Da hast Du recht! Ich hab mir für 33EUR auch mal wieder einen Shimano Stecken zugelegt, Mittelklasse Nexave BX. Blankmaterial und Ringe sind i.O.

Aber der Griff: Grifflängenanpassung und Stabilität sind zwei ganz andere Sachen, das kann und tut nerven.  Einmal zu+aufgedreht ist der Vorderdrehgriff auch abgerissen, Nexave kapuuuut, aber vlt. bin auch einfach nur zu kräftig. 

Komischerweise höre/lese ich aber nie: Die (fertig)Rute von XY hat einen Z cm langen Untergriff und passt für den Arm. Anscheinend ist das allen unwichtig ;+, sie probieren sozusagen nach der Zufallsmethode - blindes Huhn findet auch mal ein Korn - solange bis sie mal eine einigermaßen passende gefunden haben, und deklarieren die dann als obergeil?

Das geht auch einfacher und kostensparender ... :q

Jedenfalls ist es ziemlich an der eigentlichen Angler+Benutzerfrage vorbei, wenn schon die Grundanforderung des Rutenhaltens nicht erfüllt wird, noch nichtmal darauf hingearbeitet wird. :g Das ist schon im Ansatz von vorne herein verfehlt ...

Und solange darauf kein Augenmerk gelegt wird, kommen die Rutenmassenhersteller daran auch elegant vorbei, der doofe ist aber der unwissende weit suboptmal "bediente" Kunde.


----------



## darth carper (16. November 2008)

*AW: Gute Spinnrute von Shimano*

Vielleicht ist es den meisten Leuten auch egal.
Die wollen einfach nur angeln und Fische fangen. Das kann man auch, ohne an der Grifflänge solange rumzutüfteln, bis die auch auf den Millimeter zum Arm paßt.


----------



## Pikepauly (16. November 2008)

*AW: Gute Spinnrute von Shimano*

@Steffen

Wenn man natürlich zum Bauen oder Umbauen keinen Bock und keine Zeit hat, ist das was ganz Anderes.
Kapier sogar ich.
Eine Handmade vom Rutenbauer ist natürlich ne andere Nummer vom Preis.
Von dem Preislevel aus betrachtet, macht ne Speedy oder Diaflash durchaus noch Sinn.
Ne Antares, Aspire oder Lesath aber definitiv nicht mehr.


----------



## Steffen23769 (16. November 2008)

*AW: Gute Spinnrute von Shimano*



darth carper schrieb:


> Vielleicht ist es den meisten Leuten auch egal.
> Die wollen einfach nur angeln und Fische fangen. Das kann man auch, ohne an der Grifflänge solange rumzutüfteln, bis die auch auf den Millimeter zum Arm paßt.

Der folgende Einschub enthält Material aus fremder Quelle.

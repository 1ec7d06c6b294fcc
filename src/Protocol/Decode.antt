-- ===== src/Protocol/Decode.antt =====
-- protocol/protocol.go: `DecodeServerFrame` and `EncodeServerFrame`.
use jcode_go.Common.{
  ℕ, suc, Bool, false, not, ◌||◌, List, [], ◌∷◌, String, Option, none, some, ltb, str_eq,
  if◌then◌else◌,
}
use jcode_go.Errors.{
  sentinel, message, wrap, err_invalid_frame, err_malformed_frame, Result, ok, err, ◌>>=◌,
}
use jcode_go.Json.Value.{
  ℤ, pos, negsuc, Json, null, number, text, array, object, Items, nil, cons, Fields, end, member,
}
use jcode_go.Json.Fields.{get, keep, to_map}
use jcode_go.Json.Schema.{fold_eq, is_int64, is_uint}
use jcode_go.Protocol.Event.{
  Event, hello_ok, ok_reply, error, raw_event, unknown_event, ServerFrame, is_known_event,
}

abbrev invalid {ℓ} : {A : Type ℓ} → String → Result A
invalid m = err (wrap m (sentinel err_invalid_frame))

-- json.Unmarshal(object["v"], &frame.V) and the test that follows it.
unfoldable pub decode_version : Option Json → Result ℤ
decode_version (some (number (pos (suc n)))) =
    if is_int64 (pos (suc n)) then ok (pos (suc n)) else invalid "missing or invalid v"
decode_version _ = invalid "missing or invalid v"

unfoldable pub decode_reply_to : Option Json → Result (Option ℕ)
decode_reply_to none = ok none
decode_reply_to (some null) = ok none
decode_reply_to (some (number (pos n))) =
    if is_uint 18446744073709551616 (pos n) then ok (some n) else invalid "invalid reply_to"
decode_reply_to (some _) = invalid "invalid reply_to"

unfoldable pub decode_tag : Option Json → Result String
decode_tag (some (text kind)) = if str_eq kind "" then invalid "missing event tag" else ok kind
decode_tag _ = invalid "missing event tag"

abbrev pub is_reserved : String → Bool
is_reserved key = str_eq key "v" || str_eq key "reply_to" || str_eq key "ev"

-- json.Unmarshal of one member into a field of a struct: of type string, int, []string.
abbrev into_string : Json → String → Result String
into_string null old = ok old
into_string (text s) old = ok s
into_string _ old = err (message "json: cannot unmarshal into a Go struct field of type string")

abbrev into_int : Json → ℤ → Result ℤ
into_int null old = ok old
into_int (number n) old = if is_int64 n then ok n else err (message "json: number out of range")
into_int _ old = err (message "json: cannot unmarshal into a Go struct field of type int")

into_strings : Items → Result (List String)
into_strings nil = ok []
into_strings (cons x xs) = do s ← into_string x ""; ss ← into_strings xs; ok (s ∷ ss)

abbrev into_slice : Json → List String → Result (List String)
into_slice null old = ok []
into_slice (array xs) old = into_strings xs
into_slice _ old = err (message "json: cannot unmarshal into a Go struct field of type []string")

pub record Hello : Type 0 where
  pub version : ℤ
  pub server : String
  pub capabilities : List String

pub record Failure : Type 0 where
  pub code : String
  pub message : String
  pub provider_code : String

-- The members in the order of the text, each into the field of its name up to case.
decode_hello : Fields → Hello → Result Hello
unfolding into_strings
decode_hello end h = ok h
decode_hello (member k v fs) h =
    let set : Result Hello =
      if fold_eq k "version"
      then (do n ← into_int v h.version; ok (record h { version = n }))
      else if fold_eq k "server"
      then (do s ← into_string v h.server; ok (record h { server = s }))
      else if fold_eq k "capabilities"
      then (do c ← into_slice v h.capabilities; ok (record h { capabilities = c }))
      else ok h in
    set >>= decode_hello fs

unfoldable pub decode_failure : Fields → Failure → Result Failure
decode_failure end f = ok f
decode_failure (member k v fs) f =
    let set : Result Failure =
      if fold_eq k "code"
      then (do s ← into_string v f.code; ok (record f { code = s }))
      else if fold_eq k "message"
      then (do s ← into_string v f.message; ok (record f { message = s }))
      else if fold_eq k "provider_code"
      then (do s ← into_string v f.provider_code; ok (record f { provider_code = s }))
      else ok f in
    set >>= decode_failure fs

abbrev context {ℓ} : {A : Type ℓ} → String → Result A → Result A
context m (ok a) = ok a
context m (err e) = err (wrap m e)

-- The `switch kind` of `DecodeServerFrame`, on all the members of the frame.
unfoldable pub decode_event : String → Fields → Result Event
unfolding decode_hello decode_failure
decode_event kind fs =
    if str_eq kind "hello_ok"
    then (do
      h ←
          context "decode hello_ok"
            (decode_hello fs (record { version = pos 0; server = ""; capabilities = [] }))
      ok (hello_ok h.version h.server h.capabilities))
    else if str_eq kind "ok"
    then ok ok_reply
    else if str_eq kind "error"
    then (do
      f ←
          context "decode error event"
            (decode_failure fs (record { code = ""; message = ""; provider_code = "" }))
      ok (error f.code f.message f.provider_code))
    else if is_known_event kind
    then ok (raw_event kind (keep (λ key. not (is_reserved key)) (to_map fs)))
    else ok (unknown_event kind (keep (λ key. not (is_reserved key)) (to_map fs)))

-- `DecodeServerFrame`, for the value that the bytes denote; `none` stands for bytes that are no JSON.
unfoldable pub decode_server_frame : Option Json → Result ServerFrame
unfolding decode_version decode_reply_to decode_tag decode_event
decode_server_frame (some (object fs)) = do
  v ← decode_version (get "v" fs)
  reply_to ← decode_reply_to (get "reply_to" fs)
  kind ← decode_tag (get "ev" fs)
  event ← decode_event kind fs
  ok (record { v = v; reply_to = reply_to; event = event })
decode_server_frame (some null) =
    err (wrap "server frame is not an object" (sentinel err_invalid_frame))
decode_server_frame _ = err (wrap "decode server frame" (sentinel err_malformed_frame))

abbrev is_positive : ℤ → Bool
is_positive (pos n) = ltb 0 n
is_positive (negsuc n) = false

abbrev pub reply_member : Option ℕ → Fields → Fields
reply_member none fs = fs
reply_member (some id) fs = member "reply_to" (number (pos id)) fs

-- `EncodeServerFrame`: the object that it marshals.
unfoldable pub encode_server_frame : ℤ → Option ℕ → String → Fields → Result Fields
encode_server_frame v reply_to kind fields =
    if not (is_positive v) || str_eq kind ""
    then err (wrap "invalid server frame" (sentinel err_invalid_frame))
    else ok (
        member "v" (number v) (
          member "ev" (text kind)
            (reply_member reply_to (keep (λ key. not (is_reserved key)) fields))))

So sehe ich das eigentlich auch... bis auf die Tatsache, daß ich nix fange


----------



## darth carper (16. November 2008)

*AW: Gute Spinnrute von Shimano*

Aber der Wille ist wenigstens da! ;-)


----------



## Nordlichtangler (16. November 2008)

*AW: Gute Spinnrute von Shimano*



darth carper schrieb:


> Die wollen einfach nur angeln und Fische fangen. Das kann man auch, ohne an der Grifflänge solange rumzutüfteln, bis die auch auf den Millimeter zum Arm paßt.


Es geht nicht um mm, aber um 3 oder 5cm und Vielfache davon:
Die erste Spinnrutenregel heißt einfach: Paßt der Griff nicht zum Angler (oder der Anglerin), dann führt sich das Ding schaisse, ermüdet, nervt, ... und verhindert massiv den Fangerfolg. Das dürfte eigentlich niemandem egal sein.
Oder gibt es in der Tat Angler, denen das egal ist? Könnte ja sein ...

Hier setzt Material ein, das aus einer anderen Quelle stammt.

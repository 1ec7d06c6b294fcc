-- ===== src/Client/System.antt =====
-- A client among its goroutines: callers that subscribe, unsubscribe, send requests and give up,
-- the reader, `disconnect`, the bridge watcher and `closeWith`. A step is one section that a mutex
-- guards; the sections of one call may have steps of others between them. `disconnect` and
-- `Reconnect` enter by their sections, the state that they set being any.
use jcode_go.Common.{ℕ, ◌+◌, ◌<◌, ◌^◌, ◌≡◌, Bool, false, [], ◌∷◌, Option}
use jcode_go.Errors.{GoError, ok}
use jcode_go.Observation.{State}
use jcode_go.Protocol.Event.{ServerFrame}
use jcode_go.Session.TypedEvent.{Event}
use jcode_go.Client.Options.{Options}
use jcode_go.Client.Subscriber.{Subscriber}
use jcode_go.Client.State.{Client, alter, set_state, new_client}
use jcode_go.Client.Operations.{
  subscribe_owned, unsubscribe, fail_turn_subscribers, dispatch_reply, dispatch_event,
  remove_pending, begin_request, set_instance, detach_instance, bridge_exits, begin_close,
  signal_close, abandon_requests, close_subscribers, end_close,
}

-- How far `closeWith` has come, with the instance it will shut down and its error.
pub data Closer : Type 0 where
  unbegun : Closer
  announced : Option ℕ → GoError → Closer
  signalled : Option ℕ → GoError → Closer
  drained : Option ℕ → GoError → Closer
  swept : Option ℕ → Closer
  ended : Closer

pub record World : Type 0 where
  pub client : Client
  pub closer : Closer

abbrev pub with_client : World → Client → World
with_client w c = record w { client = c }

-- The receive of an event in `Subscription.Next`.
unfoldable pub take_event : Subscriber → Subscriber
take_event s = elim s.events [ [] ↦ s | _ ∷ rest ↦ record s { events = rest } ]

-- The receive of an error.
unfoldable pub take_error : Subscriber → Subscriber
take_error s = elim s.errors [ [] ↦ s | _ ∷ rest ↦ record s { errors = rest } ]

pub data Step (w : World) : World → Type 0 where
  subscribes :
      (buffer : ℕ) (turn : Bool)
      → w.client.next_sub + 1 < 2 ^ 64
      → Step w (with_client w (subscribe_owned w.client buffer turn).0)
  unsubscribes : (id : ℕ) → Step w (with_client w (unsubscribe w.client id))
  takes_event :
      (id : ℕ)
      → Step w (with_client w (record (w.client) { subs = alter take_event id w.client.subs }))
  takes_error :
      (id : ℕ)
      → Step w (with_client w (record (w.client) { subs = alter take_error id w.client.subs }))
  reads_event : (e : Event) → Step w (with_client w (dispatch_event w.client e))
  reads_reply : (id : ℕ) (f : ServerFrame) → Step w (with_client w (dispatch_reply w.client id f))
  requests :
      (internal observed : Bool) (entered : Client × ℕ)
      → w.client.next_id + 1 < 2 ^ 64
      → begin_request w.client internal observed ≡ ok entered
      → Step w (with_client w entered.0)
  gives_up : (id : ℕ) → Step w (with_client w (remove_pending w.client id))
  sets_state : (s : State) → Step w (with_client w (set_state w.client s))
  abandons : Step w (with_client w (abandon_requests w.client))
  drops_all : (e : GoError) → Step w (with_client w (close_subscribers w.client e))
  drops_turns : (e : GoError) → Step w (with_client w (fail_turn_subscribers e w.client))
  adopts : (i : ℕ) (monitor : Option ℕ) → Step w (with_client w (set_instance w.client i monitor))
  detaches : Step w (with_client w (detach_instance w.client).0)
  bridge_ends : (m : ℕ) → Step w (with_client w (bridge_exits w.client m))
  close_begins :
      (e : GoError)
      → w.client.close_once ≡ false
      → Step w (record { client = begin_close w.client; closer = announced w.client.instance_id e })
  close_signals :
      (i : Option ℕ) (e : GoError)
      → w.closer ≡ announced i e
      → Step w (record { client = signal_close w.client e; closer = signalled i e })
  close_drains :
      (i : Option ℕ) (e : GoError)
      → w.closer ≡ signalled i e
      → Step w (record { client = abandon_requests w.client; closer = drained i e })
  close_sweeps :
      (i : Option ℕ) (e : GoError)
      → w.closer ≡ drained i e
      → Step w (record { client = close_subscribers w.client e; closer = swept i })
  close_ends :
      (i : Option ℕ)
      → w.closer ≡ swept i
      → Step w (record { client = end_close w.client i; closer = ended })

pub data Reach (w : World) : World → Type 0 where
  here : Reach w w
  next : {v u : World} → Reach w v → Step v u → Reach w u

unfoldable pub start : Options → World
start o = record { client = new_client o; closer = unbegun }
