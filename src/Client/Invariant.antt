-- ===== src/Client/Invariant.antt =====
-- What holds of a client in every interleaving of its goroutines.
pub mod Tables
pub mod Changes
pub mod Sections
pub mod Steps
use jcode_go.Common.Channel.{Signal, pending, closed}
use jcode_go.Common.{
  ℕ, ◌+◌, ◌<◌, ◌≡◌, Bool, true, false, Option, none, some, arith, ◌==◌, if◌then◌else◌,
}
use jcode_go.Client.Subscriber.{Subscriber}
use jcode_go.Client.Subscriber as Sub
use jcode_go.Client.Request.{Request}
use jcode_go.Client.Request as Req
use jcode_go.Client.State.{Client, Table}
use jcode_go.Client.System.{World, Closer, unbegun, announced, signalled, drained, swept, ended}

abbrev pub Holds : {A : Type 0} → (A → Type 0) → Option A → Type 0
Holds P none = Unit
Holds P (some a) = P a

-- Every entry of a table.
abbrev pub Every : {A : Type 0} → (A → Type 0) → Table A → Type 0
Every P m = (id : ℕ) → Holds P (m id)

-- No entry has a number above the counter.
abbrev pub Fresh : {A : Type 0} → ℕ → Table A → Type 0
Fresh n m = (id : ℕ) → n < id → m id ≡ none

abbrev pub IsUnlisted : Subscriber → Type 0
IsUnlisted s = s.listed ≡ false

-- Where `closeWith` stands: the client is closed from its second section on, and no subscriber is
-- in the map after its fourth.
abbrev pub Follows : Closer → Client → Type 0
Follows unbegun c = (c.closed ≡ pending) × (c.close_once ≡ false)
Follows (announced i e) c = (c.closed ≡ pending) × (c.close_once ≡ true)
Follows (signalled i e) c = (c.closed ≡ closed) × (c.close_once ≡ true)
Follows (drained i e) c = (c.closed ≡ closed) × (c.close_once ≡ true)
Follows (swept i) c = (c.closed ≡ closed) × (c.close_once ≡ true) × Every IsUnlisted c.subs
Follows ended c = (c.closed ≡ closed) × (c.close_once ≡ true) × Every IsUnlisted c.subs

pub record Inv (w : World) : Type 0 where
  pub subscribers : Every Sub.IsSound w.client.subs
  pub requests : Every Req.IsSound w.client.requests
  pub fresh_subs : Fresh w.client.next_sub w.client.subs
  pub fresh_ids : Fresh w.client.next_id w.client.requests
  pub close : Follows w.closer w.client
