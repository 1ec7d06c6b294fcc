-- ===== src/Client/Invariant/Tables.antt =====
-- Tables: what a change of one entry, of all, or a new entry does to their invariants.
use jcode_go.Common.{ℕ, ◌<◌, inl, inr, Option, none, some, arith, ◌==◌, Bool-cases}
use jcode_go.Client.State.{Table, enter, alter, each}
use jcode_go.Client.Invariant.{Holds, Every, Fresh}

module _ {A : Type 0} (P : A → Type 0) where
  Holds-map :
      (f : A → A)
      → ((a : A) → P a → P (f a))
      → (o : Option A) → Holds P o
      → Holds P (each f (λ (k : ℕ). o) 0)
  Holds-map f keep none h = tt
  Holds-map f keep (some a) h = keep a h

  pub Every-each :
      (f : A → A) (m : Table A) → ((a : A) → P a → P (f a)) → Every P m → Every P (each f m)
  Every-each f m keep h id = Holds-map f keep (m id) (h id)

  pub Every-alter :
      (f : A → A) (k : ℕ) (m : Table A)
      → ((a : A) → P a → P (f a))
      → Every P m
      → Every P (alter f k m)
  Every-alter f k m keep h id = elim (Bool-cases (k == id)) [
    | inl e ↦ rw e (Holds-map f keep (m id) (h id))
    | inr e ↦ rw e (h id)
  ]

  pub Every-enter : (k : ℕ) (a : A) (m : Table A) → P a → Every P m → Every P (enter m k a)
  Every-enter k a m new h id = elim (Bool-cases (k == id)) [
    | inl e ↦ rw e new
    | inr e ↦ rw e (h id)
  ]

module _ {A : Type 0} where
  pub Fresh-each : (f : A → A) (n : ℕ) (m : Table A) → Fresh n m → Fresh n (each f m)
  Fresh-each f n m h id l = rw (h id l)

  pub Fresh-alter : (f : A → A) (k n : ℕ) (m : Table A) → Fresh n m → Fresh n (alter f k m)
  Fresh-alter f k n m h id l = ground (arith, h id l)

  pub Fresh-enter : (a : A) (n k : ℕ) (m : Table A) → n < k → Fresh n m → Fresh k (enter m k a)
  Fresh-enter a n k m l h id g = ground (arith, h id)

Vor allem: Es wird nach einer *guten Spinnrute* gefragt (on-topic), und ne gute muss passen. Ein kleiner zarter Body Gr. S sieht in XXXL auch sehr lachhaft aus, und der XXXL Body im S-Shirt klemmt arg fest oder macht gleich peng. Kein Mensch diskutiert über den Sinn oder Unsinn darüber, das ist Fakt. 
Und genauso ist Fakt, dass eine zum Angler oder Anglerin passende Spinnrute im Griff 10mal mehr Spaß, Ausdauer und Erfolg bringt. Schließlich reden wir von Spinnangeln und nicht ansitzen etc.

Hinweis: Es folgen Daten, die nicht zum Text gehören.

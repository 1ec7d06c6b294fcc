-- ===== src/Client/Invariant/Changes.antt =====
-- The kinds of change that the sections of the client make, each of which keeps the invariant.
use jcode_go.Common.Channel.{closed}
use jcode_go.Common.{ℕ, ◌≡◌, refl, ◌∙◌, Option, arith}
use jcode_go.Errors.{GoError}
use jcode_go.Client.Subscriber.{
  Subscriber, is_signalled, new_subscriber, deliver, close_listed, fail_turn,
  new_subscriber-IsSound, deliver-IsSound, close_listed-IsSound, fail_turn-IsSound,
}
use jcode_go.Client.Subscriber as Sub
use jcode_go.Client.Request.{
  Request, new_request, new_request-IsSound, reply_to, reply_to-IsSound, remove, remove-IsSound,
  abandon, abandon-IsSound,
}
use jcode_go.Client.Request as Req
use jcode_go.Client.State.{Client, Table, alter, each}
use jcode_go.Client.Operations.{set_instance, detach_instance}
use jcode_go.Client.System.{
  World, Closer, unbegun, announced, signalled, drained, swept, ended, with_client, take_event,
  take_error,
}
use jcode_go.Client.Invariant.{Every, Fresh, IsUnlisted, Follows, Inv}
use jcode_go.Client.Invariant.Tables.{Every-each, Every-alter, Fresh-each, Fresh-alter}

pub take_event-IsSound : (s : Subscriber) → Sub.IsSound s → Sub.IsSound (take_event s)
unfolding take_event
take_event-IsSound s h = ground arith

pub take_error-IsSound : (s : Subscriber) → Sub.IsSound s → Sub.IsSound (take_error s)
unfolding take_error
take_error-IsSound s h = ground arith

-- The functions on a subscriber that put none back into the map.
abbrev pub KeepsUnlisted : (Subscriber → Subscriber) → Type 0
KeepsUnlisted f = (s : Subscriber) → IsUnlisted s → IsUnlisted (f s)

pub deliver-IsUnlisted : (e : _) → KeepsUnlisted (deliver e)
unfolding deliver
deliver-IsUnlisted e s h = ground arith

pub close_listed-IsUnlisted : (e : Option GoError) → KeepsUnlisted (close_listed e)
unfolding close_listed
close_listed-IsUnlisted e s h = ground arith

pub fail_turn-IsUnlisted : (e : GoError) → KeepsUnlisted (fail_turn e)
unfolding fail_turn
fail_turn-IsUnlisted e s h = ground arith

pub take_event-IsUnlisted : KeepsUnlisted take_event
unfolding take_event
take_event-IsUnlisted s h = ground arith

pub take_error-IsUnlisted : KeepsUnlisted take_error
unfolding take_error
take_error-IsUnlisted s h = ground arith

pub close_listed-unlists : (e : Option GoError) (s : Subscriber) → IsUnlisted (close_listed e s)
unfolding close_listed
close_listed-unlists e s = ground arith

pub Follows-keeps :
    (k : Closer) (c d : Client)
    → d.closed ≡ c.closed
    → d.close_once ≡ c.close_once
    → (c.closed ≡ closed → Every IsUnlisted c.subs → Every IsUnlisted d.subs)
    → Follows k c
    → Follows k d
Follows-keeps unbegun c d p q r f = (p ∙ f.0, q ∙ f.1)
Follows-keeps (announced i e) c d p q r f = (p ∙ f.0, q ∙ f.1)
Follows-keeps (signalled i e) c d p q r f = (p ∙ f.0, q ∙ f.1)
Follows-keeps (drained i e) c d p q r f = (p ∙ f.0, q ∙ f.1)
Follows-keeps (swept i) c d p q r f = (p ∙ f.0, q ∙ f.1, r f.0 f.2)
Follows-keeps ended c d p q r f = (p ∙ f.0, q ∙ f.1, r f.0 f.2)

-- A change of the table of subscribers alone.
pub subs-Inv :
    (w : World) (m : Table Subscriber)
    → Every Sub.IsSound m
    → Fresh w.client.next_sub m
    → (Every IsUnlisted w.client.subs → Every IsUnlisted m)
    → Inv w
    → Inv (with_client w (record (w.client) { subs = m }))
subs-Inv w m sound fresh unlisted i = record {
  subscribers = sound;
  requests = i.requests;
  fresh_subs = fresh;
  fresh_ids = i.fresh_ids;
  close =
      Follows-keeps w.closer w.client (record (w.client) { subs = m }) refl refl (λ _. unlisted)
        i.close;
}

-- One function on every subscriber, or on one.
pub each-Inv :
    (w : World) (f : Subscriber → Subscriber)
    → ((s : Subscriber) → Sub.IsSound s → Sub.IsSound (f s))
    → KeepsUnlisted f
    → Inv w
    → Inv (with_client w (record (w.client) { subs = each f w.client.subs }))
each-Inv w f sound unlisted i =
    subs-Inv w (each f w.client.subs) (Every-each Sub.IsSound f w.client.subs sound i.subscribers)
      (Fresh-each f w.client.next_sub w.client.subs i.fresh_subs)
      (Every-each IsUnlisted f w.client.subs unlisted) i

pub alter-Inv :
    (w : World) (f : Subscriber → Subscriber) (id : ℕ)
    → ((s : Subscriber) → Sub.IsSound s → Sub.IsSound (f s))
    → KeepsUnlisted f
    → Inv w
    → Inv (with_client w (record (w.client) { subs = alter f id w.client.subs }))
alter-Inv w f id sound unlisted i =
    subs-Inv w (alter f id w.client.subs)
      (Every-alter Sub.IsSound f id w.client.subs sound i.subscribers)
      (Fresh-alter f id w.client.next_sub w.client.subs i.fresh_subs)
      (Every-alter IsUnlisted f id w.client.subs unlisted) i

-- A change of the table of requests alone.
pub requests-Inv :
    (w : World) (m : Table Request)
    → Every Req.IsSound m
    → Fresh w.client.next_id m
    → Inv w
    → Inv (with_client w (record (w.client) { requests = m }))
requests-Inv w m sound fresh i = record {
  subscribers = i.subscribers;
  requests = sound;
  fresh_subs = i.fresh_subs;
  fresh_ids = fresh;
  close =
      Follows-keeps w.closer w.client (record (w.client) { requests = m }) refl refl (λ _ h. h)
        i.close;
}

-- A section that leaves the tables, the counters and the closing alone.
abbrev pub SameCore : Client → Client → Type 0
SameCore c d =
    (d.subs ≡ c.subs)
    × (d.requests ≡ c.requests)
    × (d.next_sub ≡ c.next_sub)
    × (d.next_id ≡ c.next_id)
    × (d.closed ≡ c.closed)
    × (d.close_once ≡ c.close_once)

pub same-Inv : (w : World) (d : Client) → SameCore w.client d → Inv w → Inv (with_client w d)
same-Inv w d (subs, reqs, nsub, nid, cl, once) i = record {
  subscribers = rw subs i.subscribers;
  requests = rw reqs i.requests;
  fresh_subs = rw (subs, nsub) i.fresh_subs;
  fresh_ids = rw (reqs, nid) i.fresh_ids;
  close = Follows-keeps w.closer w.client d cl once (λ _ h. rw subs h) i.close;
}

pub set_instance-SameCore : (c : Client) (i : ℕ) (m : Option ℕ) → SameCore c (set_instance c i m)
unfolding set_instance
set_instance-SameCore c i m = ground arith

pub detach_instance-SameCore : (c : Client) → SameCore c (detach_instance c).0
unfolding detach_instance
detach_instance-SameCore c = ground arith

Von daher: Die passende Spinnrute wird sich viel angenehmer und voraussichtlich auch erfolgreicher fischen lassen als so'ne voll daneben gebaute. Und solange nicht alle Fertigrutenkäufer die Shops massiv stürmen und danach fragen, wird sich auch nichts ändern. Martin hat recht, die Hersteller machen so irgendwas in Mitte, aber vollkommen undefiniert und je nach Lust und Laune. Selbst der gleich Rutentyp differiert je nach Bauserie mal eben +- 5cm, das ist pure Willkür und vor allem nichtmal planbar und nicht spezifiziert. Also voll planlos, dämlich und nervend.

Nichtmal ein paar Grundklassen sind definiert, alle Shirts, muß für viele Fälle ja nicht der Maßanzug sein. Ein bischen US-Shop surfen zeigt, dass es auch anders geht, der markt dort ist einfach nicht so ignorant und borniert, bietet wenigstens einige Griffvarianten an, so ala Kurzarm, Mittelarm, Langarm, und schön wird es schon, wenn sich das an einige Standards hält. Das ist wahrlich nicht zuviel verlangt.


----------



## Komplize (16. November 2008)

*AW: Gute Spinnrute von Shimano*

Moin moin 
es gibt von Shimano eine Speedmaster wo mann die Griflänge 
variabel einstellen kann ,je nach unterarm länge !!!!!
Bin nämlich in Besitz so einer rute 
WG 14-56 g
Länge 2,85m
Preis so um die 150 Euro

ein super stock #6#6


----------



## Nordlichtangler (16. November 2008)

*AW: Gute Spinnrute von Shimano*

Ein Lichtblick! 
Sofern der Stecken hält, was er verspricht ist das doch mal ne gescheite Spinnrute für viele Angler von Shimano. 
Und die Nixfänger fangen damit vlt. dann endlich - sofern sie sich eingestellt bekommen. :m


----------



## Pikepauly (16. November 2008)

*AW: Gute Spinnrute von Shimano*

@Komplize
Das ist ne Super Sache und absolut nachahmenswert.
Spro hat auch sowas.


----------



## darth carper (16. November 2008)

*AW: Gute Spinnrute von Shimano*

Doch, weil ich das Problem einfach nicht sehe.
Ich weiß nicht, mit welchen empirischen Studien du belegen kannst, warum eine Rute mit zu langem oder kurzen Griff den Fangerfolg massiv beeinflußt. Würde mich aber mal interessieren.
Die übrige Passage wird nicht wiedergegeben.